Schulcampus Hanhoopsfeld, Hamburg
Inmitten einer weitläufigen Parklandschaft führten AllesWirdGut Architekten und DnD Landschaftsplanung zwei Schulen zu einem gemeinsamen Campus zusammen. Sie erweitern damit das Standardraumprogramm um ein differenziertes Freiraumangebot, das den unterschiedlichen Altersstufen und Kommunikationsbedürfnissen gerecht wird.
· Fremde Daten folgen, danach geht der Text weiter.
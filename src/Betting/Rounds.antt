-- ===== src/Betting/Rounds.antt =====
-- When a betting round is over.
use holdem.Prelude.{ℕ, ◌≤◌, ◌≡◌, ◌↔◌, refl, sym, subst, true, List, [], ◌∷◌, All, arith}
use holdem.Game.{Player, GameState, can_act}
use holdem.Betting.{is_betting_round_over, all_called}

-- A player who may still act has matched the bet.
abbrev pub Matched : ℕ → Player → Type 0
Matched bet p = can_act p ≡ true → bet ≤ p.current_bet

all_called_iff : (bet : ℕ) (ps : List Player) → (all_called bet ps ≡ true) ↔ All (Matched bet) ps
all_called_iff bet [] = (λ h. tt, λ h. refl)
all_called_iff bet (p ∷ ps) =
    let (to, from) = all_called_iff bet ps in
    (λ h. (λ able. ground arith, to (ground arith)), λ a. ground (arith, from a.1, a.0))

-- The round is over exactly when every player who can act has matched the bet; the others do not hold
-- it up.
pub is_betting_round_over_iff :
    (g : GameState) → (is_betting_round_over g ≡ true) ↔ All (Matched g.current_bet) g.players
unfolding is_betting_round_over
is_betting_round_over_iff g = all_called_iff g.current_bet g.players

All-Matched_zero : (ps : List Player) → All (Matched 0) ps
All-Matched_zero [] = tt
All-Matched_zero (p ∷ ps) = (λ able. omega arith, All-Matched_zero ps)

-- While nobody has bet on a street, the round counts as over.
pub unbet_round_over : (g : GameState) → g.current_bet ≡ 0 → is_betting_round_over g ≡ true
unbet_round_over g h =
    (is_betting_round_over_iff g).1
      (subst (λ b. All (Matched b) g.players) (sym h) (All-Matched_zero g.players))
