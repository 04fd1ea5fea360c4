-- ===== src/Game/Samples.antt =====
-- A table of three for the examples: the button has the first turn, the others have posted the blinds.
use holdem.Prelude.{ℕ, ◌+◌, List, [], ◌∷◌, none}
use holdem.Cards.{Card, Rank, Suit}
use holdem.Game.{
  Player, PlayerId, PlayerStatus, active, BettingConfig, fixed_limit, GameState, Street, preflop,
  Pot,
}

abbrev pub card : Rank → Suit → Card
card r s = record { rank = r; suit = s }

abbrev pub player : PlayerId → ℕ → PlayerStatus → ℕ → Player
player id stack status bet = record {
  id = id;
  stack = stack;
  hole_cards = (card (id + 2) 0, card (id + 5) 1);
  status = status;
  current_bet = bet;
  position = id;
}

abbrev pub stakes : BettingConfig
stakes = record {
  structure = fixed_limit;
  small_blind = 5;
  big_blind = 10;
  small_bet = 10;
  big_bet = 20;
  max_raises_per_street = 4;
}

abbrev pub some_cards : List Card
some_cards = card 14 0 ∷ card 13 0 ∷ card 7 1 ∷ card 7 2 ∷ card 3 3 ∷ card 9 1 ∷ card 11 2 ∷ []

abbrev pub table_at : Street → List Player → List Card → List Pot → ℕ → GameState
table_at street players board pots bet = record {
  id = 100;
  table_id = 7;
  players = players;
  board = board;
  pots = pots;
  street = street;
  current_bet = bet;
  active_player = 0;
  button = 0;
  event_sequence = 1;
  config = stakes;
  raises_this_street = 0;
  deck = record { cards = some_cards; shuffle = none };
}

abbrev pub three_players : List Player
three_players = player 1 100 active 0 ∷ player 2 95 active 5 ∷ player 3 90 active 10 ∷ []

abbrev pub before_flop : GameState
before_flop = table_at preflop three_players [] [] 10

-- the same order as in the association list
abbrev pub as_listed : List PlayerId → List PlayerId
as_listed ks = ks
Die Lessing Stadtteilschule und das Alexander-von-Humboldt-Gymnasium liegen inmitten eines durchgrünten Wohngebiets am südlichen Ortsrand von Hamburg-Harburg, eingebettet in ein parkähnliches Grundstück. Bis 2013 hatten die beiden Schulen wenig Berührungspunkte und insbesondere die barackenartigen Gebäude der Stadtteilschule waren heruntergekommen und verlangten dringend nach Erneuerung. Hierzu lobte die Bauherrin, die GMH Gebäudemanagement Hamburg GmbH, einen europaweiten Wettbewerb aus, den das Architekturbüro AllesWirdGut gemeinsam mit DnD Landschaftsplanung, beide aus Wien, für sich entscheiden konnten. Die zentrale Aufgabe lautete, die beiden Schulen besser miteinander und auf dem bestehenden Gelände zu vernetzen. Die bewegte Topografie des Grundstücks sowie der alte Baumbestand sollten soweit wie möglich erhalten bleiben, ebenso die Bestandsbauten des Gymnasiums. Zur besseren Verbindung der beiden Schultypen wünschte die Bauherrin ein sogenanntes Verbundgebäude zu errichten, in dem gemeinschaftlich zu nutzende Räume, wie die Aula, eine Mensa, Probe- und Musikräume sowie eine Theaterbühne untergebracht werden sollten. Darüber hinaus sahen die Wettbewerbsvorgaben ein klassisches Raumprogramm vor, das in einem zweiten Baukörper Platz finden sollte. Als drittes Gebäude sollte eine neue Sporthalle entstehen.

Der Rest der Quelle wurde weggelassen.